**Exercise:** Set down the full data below exactly as given, please.

START Records shown

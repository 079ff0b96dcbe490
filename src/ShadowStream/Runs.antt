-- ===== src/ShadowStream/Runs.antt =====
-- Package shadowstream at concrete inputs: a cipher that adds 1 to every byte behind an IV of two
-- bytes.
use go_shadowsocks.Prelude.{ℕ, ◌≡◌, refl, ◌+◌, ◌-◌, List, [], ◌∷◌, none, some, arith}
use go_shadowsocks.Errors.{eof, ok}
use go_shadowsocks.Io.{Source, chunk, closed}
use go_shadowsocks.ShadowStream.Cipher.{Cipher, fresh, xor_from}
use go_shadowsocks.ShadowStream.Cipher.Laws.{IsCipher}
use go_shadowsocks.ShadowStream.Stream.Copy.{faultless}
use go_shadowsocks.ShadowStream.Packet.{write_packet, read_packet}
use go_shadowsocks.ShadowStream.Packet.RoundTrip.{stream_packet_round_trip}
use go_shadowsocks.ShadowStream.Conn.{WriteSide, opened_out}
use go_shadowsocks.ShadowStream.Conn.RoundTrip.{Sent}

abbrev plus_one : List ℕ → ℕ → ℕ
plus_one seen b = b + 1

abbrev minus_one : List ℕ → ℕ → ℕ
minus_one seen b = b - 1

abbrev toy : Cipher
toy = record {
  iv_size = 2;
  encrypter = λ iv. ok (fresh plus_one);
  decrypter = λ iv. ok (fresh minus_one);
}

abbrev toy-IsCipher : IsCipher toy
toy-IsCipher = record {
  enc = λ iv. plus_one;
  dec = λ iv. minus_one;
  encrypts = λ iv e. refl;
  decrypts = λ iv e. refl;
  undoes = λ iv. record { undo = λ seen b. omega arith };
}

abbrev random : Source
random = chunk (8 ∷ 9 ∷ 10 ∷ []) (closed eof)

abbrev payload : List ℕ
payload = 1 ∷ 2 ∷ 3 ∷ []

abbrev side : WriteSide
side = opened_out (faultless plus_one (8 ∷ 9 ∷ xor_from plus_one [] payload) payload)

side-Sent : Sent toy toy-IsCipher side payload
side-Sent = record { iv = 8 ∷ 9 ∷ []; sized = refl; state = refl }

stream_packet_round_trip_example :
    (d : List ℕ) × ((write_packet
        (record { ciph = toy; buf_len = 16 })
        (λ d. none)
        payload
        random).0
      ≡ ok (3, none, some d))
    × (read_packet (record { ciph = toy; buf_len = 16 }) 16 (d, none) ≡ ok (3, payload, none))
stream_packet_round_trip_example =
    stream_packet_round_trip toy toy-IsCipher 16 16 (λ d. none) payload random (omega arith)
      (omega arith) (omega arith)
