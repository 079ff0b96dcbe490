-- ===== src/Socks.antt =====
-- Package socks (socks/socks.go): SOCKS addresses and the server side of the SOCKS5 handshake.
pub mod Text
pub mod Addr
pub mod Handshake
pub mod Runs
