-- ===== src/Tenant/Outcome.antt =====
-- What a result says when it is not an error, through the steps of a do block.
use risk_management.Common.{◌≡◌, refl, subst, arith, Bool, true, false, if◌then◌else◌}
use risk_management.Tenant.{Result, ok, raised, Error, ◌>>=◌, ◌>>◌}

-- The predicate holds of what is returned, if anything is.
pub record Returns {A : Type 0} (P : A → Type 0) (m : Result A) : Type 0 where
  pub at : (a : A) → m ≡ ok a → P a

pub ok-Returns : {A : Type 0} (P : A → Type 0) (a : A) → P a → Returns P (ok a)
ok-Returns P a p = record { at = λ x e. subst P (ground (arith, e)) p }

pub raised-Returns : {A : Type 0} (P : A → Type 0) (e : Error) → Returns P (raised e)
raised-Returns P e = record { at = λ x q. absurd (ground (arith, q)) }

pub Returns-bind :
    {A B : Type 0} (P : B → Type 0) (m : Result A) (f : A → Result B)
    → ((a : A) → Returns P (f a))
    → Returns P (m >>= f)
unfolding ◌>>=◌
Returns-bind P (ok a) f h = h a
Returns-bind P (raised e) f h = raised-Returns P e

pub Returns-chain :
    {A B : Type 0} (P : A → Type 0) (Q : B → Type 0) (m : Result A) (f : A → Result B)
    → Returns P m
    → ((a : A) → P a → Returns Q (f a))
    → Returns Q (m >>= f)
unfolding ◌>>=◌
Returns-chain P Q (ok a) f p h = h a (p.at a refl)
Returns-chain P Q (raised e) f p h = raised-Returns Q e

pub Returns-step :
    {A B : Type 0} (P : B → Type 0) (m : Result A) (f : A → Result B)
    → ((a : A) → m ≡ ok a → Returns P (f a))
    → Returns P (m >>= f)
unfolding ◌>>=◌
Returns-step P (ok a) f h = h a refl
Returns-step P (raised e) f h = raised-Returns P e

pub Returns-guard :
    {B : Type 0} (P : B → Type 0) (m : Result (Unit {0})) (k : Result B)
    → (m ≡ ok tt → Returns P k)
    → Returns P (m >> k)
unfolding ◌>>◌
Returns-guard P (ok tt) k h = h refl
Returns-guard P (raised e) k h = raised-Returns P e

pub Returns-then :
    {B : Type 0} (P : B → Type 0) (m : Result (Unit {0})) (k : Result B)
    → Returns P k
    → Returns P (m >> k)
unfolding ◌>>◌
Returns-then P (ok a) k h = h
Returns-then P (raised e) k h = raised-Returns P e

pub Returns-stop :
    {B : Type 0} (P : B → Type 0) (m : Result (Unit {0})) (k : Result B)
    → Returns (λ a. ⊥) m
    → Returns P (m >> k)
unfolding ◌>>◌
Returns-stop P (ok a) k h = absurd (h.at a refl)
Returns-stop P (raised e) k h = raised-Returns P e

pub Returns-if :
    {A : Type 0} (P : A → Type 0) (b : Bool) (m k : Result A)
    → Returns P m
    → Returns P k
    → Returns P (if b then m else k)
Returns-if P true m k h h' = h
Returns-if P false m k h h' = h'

END Records shown

**Task output:**
repository 079ff0b96dcbe490
filename src/ShadowStream/Runs.antt
-- ===== src/ShadowStream/Runs.antt =====
-- Package shadowstream at concrete inputs: a cipher that adds 1 to every byte behind an IV of two
-- bytes.
use go_shadowsocks.Prelude.{ℕ, ◌≡◌, refl, ◌+◌, ◌-◌, List, [], ◌∷◌, none, some, arith}
use go_shadowsocks.Errors.{eof, ok}
use go_shadowsocks.Io.{Source, chunk, closed}
use go_shadowsocks.ShadowStream.Cipher.{Cipher, fresh, xor_from}
use go_shadowsocks.ShadowStream.Cipher.Laws.{IsCipher}
use go_shadowsocks.ShadowStream.Stream.Copy.{faultless}
use go_shadowsocks.ShadowStream.Packet.{write_packet, read_packet}
use go_shadowsocks.ShadowStream.Packet.RoundTrip.{stream_packet_round_trip}
use go_shadowsocks.ShadowStream.Conn.{WriteSide, opened_out}
use go_shadowsocks.ShadowStream.Conn.RoundTrip.{Sent}

abbrev plus_one : List ℕ → ℕ → ℕ
plus_one seen b = b + 1

abbrev minus_one : List ℕ → ℕ → ℕ
minus_one seen b = b - 1

abbrev toy : Cipher
toy = record {
  iv_size = 2;
  encrypter = λ iv. ok (fresh plus_one);
  decrypter = λ iv. ok (fresh minus_one);
}

abbrev toy-IsCipher : IsCipher toy
toy-IsCipher = record {
  enc = λ iv. plus_one;
  dec = λ iv. minus_one;
  encrypts = λ iv e. refl;
  decrypts = λ iv e. refl;
  undoes = λ iv. record { undo = λ seen b. omega arith };
}

abbrev random : Source
random = chunk (8 ∷ 9 ∷ 10 ∷ []) (closed eof)

abbrev payload : List ℕ
payload = 1 ∷ 2 ∷ 3 ∷ []

abbrev side : WriteSide
side = opened_out (faultless plus_one (8 ∷ 9 ∷ xor_from plus_one [] payload) payload)

side-Sent : Sent toy toy-IsCipher side payload
side-Sent = record { iv = 8 ∷ 9 ∷ []; sized = refl; state = refl }

stream_packet_round_trip_example :
    (d : List ℕ) × ((write_packet
        (record { ciph = toy; buf_len = 16 })
        (λ d. none)
        payload
        random).0
      ≡ ok (3, none, some d))
    × (read_packet (record { ciph = toy; buf_len = 16 }) 16 (d, none) ≡ ok (3, payload, none))
stream_packet_round_trip_example =
    stream_packet_round_trip toy toy-IsCipher 16 16 (λ d. none) payload random (omega arith)
      (omega arith) (omega arith)
repository 079ff0b96dcbe490
-- ===== src/Socks.antt =====
-- Package socks (socks/socks.go): SOCKS addresses and the server side of the SOCKS5 handshake.
pub mod Text
pub mod Addr
pub mod Handshake
pub mod Runs
-- ===== src/Tenant/Outcome.antt =====
-- What a result says when it is not an error, through the steps of a do block.
use risk_management.Common.{◌≡◌, refl, subst, arith, Bool, true, false, if◌then◌else◌}
use risk_management.Tenant.{Result, ok, raised, Error, ◌>>=◌, ◌>>◌}

-- The predicate holds of what is returned, if anything is.
pub record Returns {A : Type 0} (P : A → Type 0) (m : Result A) : Type 0 where
  pub at : (a : A) → m ≡ ok a → P a

pub ok-Returns : {A : Type 0} (P : A → Type 0) (a : A) → P a → Returns P (ok a)
ok-Returns P a p = record { at = λ x e. subst P (ground (arith, e)) p }

pub raised-Returns : {A : Type 0} (P : A → Type 0) (e : Error) → Returns P (raised e)
raised-Returns P e = record { at = λ x q. absurd (ground (arith, q)) }

pub Returns-bind :
    {A B : Type 0} (P : B → Type 0) (m : Result A) (f : A → Result B)
    → ((a : A) → Returns P (f a))
    → Returns P (m >>= f)
unfolding ◌>>=◌
Returns-bind P (ok a) f h = h a
Returns-bind P (raised e) f h = raised-Returns P e

pub Returns-chain :
    {A B : Type 0} (P : A → Type 0) (Q : B → Type 0) (m : Result A) (f : A → Result B)
    → Returns P m
    → ((a : A) → P a → Returns Q (f a))
    → Returns Q (m >>= f)
unfolding ◌>>=◌
Returns-chain P Q (ok a) f p h = h a (p.at a refl)
Returns-chain P Q (raised e) f p h = raised-Returns Q e

pub Returns-step :
    {A B : Type 0} (P : B → Type 0) (m : Result A) (f : A → Result B)
    → ((a : A) → m ≡ ok a → Returns P (f a))
    → Returns P (m >>= f)
unfolding ◌>>=◌
Returns-step P (ok a) f h = h a refl
Returns-step P (raised e) f h = raised-Returns P e

pub Returns-guard :
    {B : Type 0} (P : B → Type 0) (m : Result (Unit {0})) (k : Result B)
    → (m ≡ ok tt → Returns P k)
    → Returns P (m >> k)
unfolding ◌>>◌
Returns-guard P (ok tt) k h = h refl
Returns-guard P (raised e) k h = raised-Returns P e

pub Returns-then :
    {B : Type 0} (P : B → Type 0) (m : Result (Unit {0})) (k : Result B)
    → Returns P k
    → Returns P (m >> k)
unfolding ◌>>◌
Returns-then P (ok a) k h = h
Returns-then P (raised e) k h = raised-Returns P e

pub Returns-stop :
    {B : Type 0} (P : B → Type 0) (m : Result (Unit {0})) (k : Result B)
    → Returns (λ a. ⊥) m
    → Returns P (m >> k)
unfolding ◌>>◌
Returns-stop P (ok a) k h = absurd (h.at a refl)
Returns-stop P (raised e) k h = raised-Returns P e

pub Returns-if :
    {A : Type 0} (P : A → Type 0) (b : Bool) (m k : Result A)
    → Returns P m
    → Returns P k
    → Returns P (if b then m else k)
Returns-if P true m k h h' = h
Returns-if P false m k h h' = h'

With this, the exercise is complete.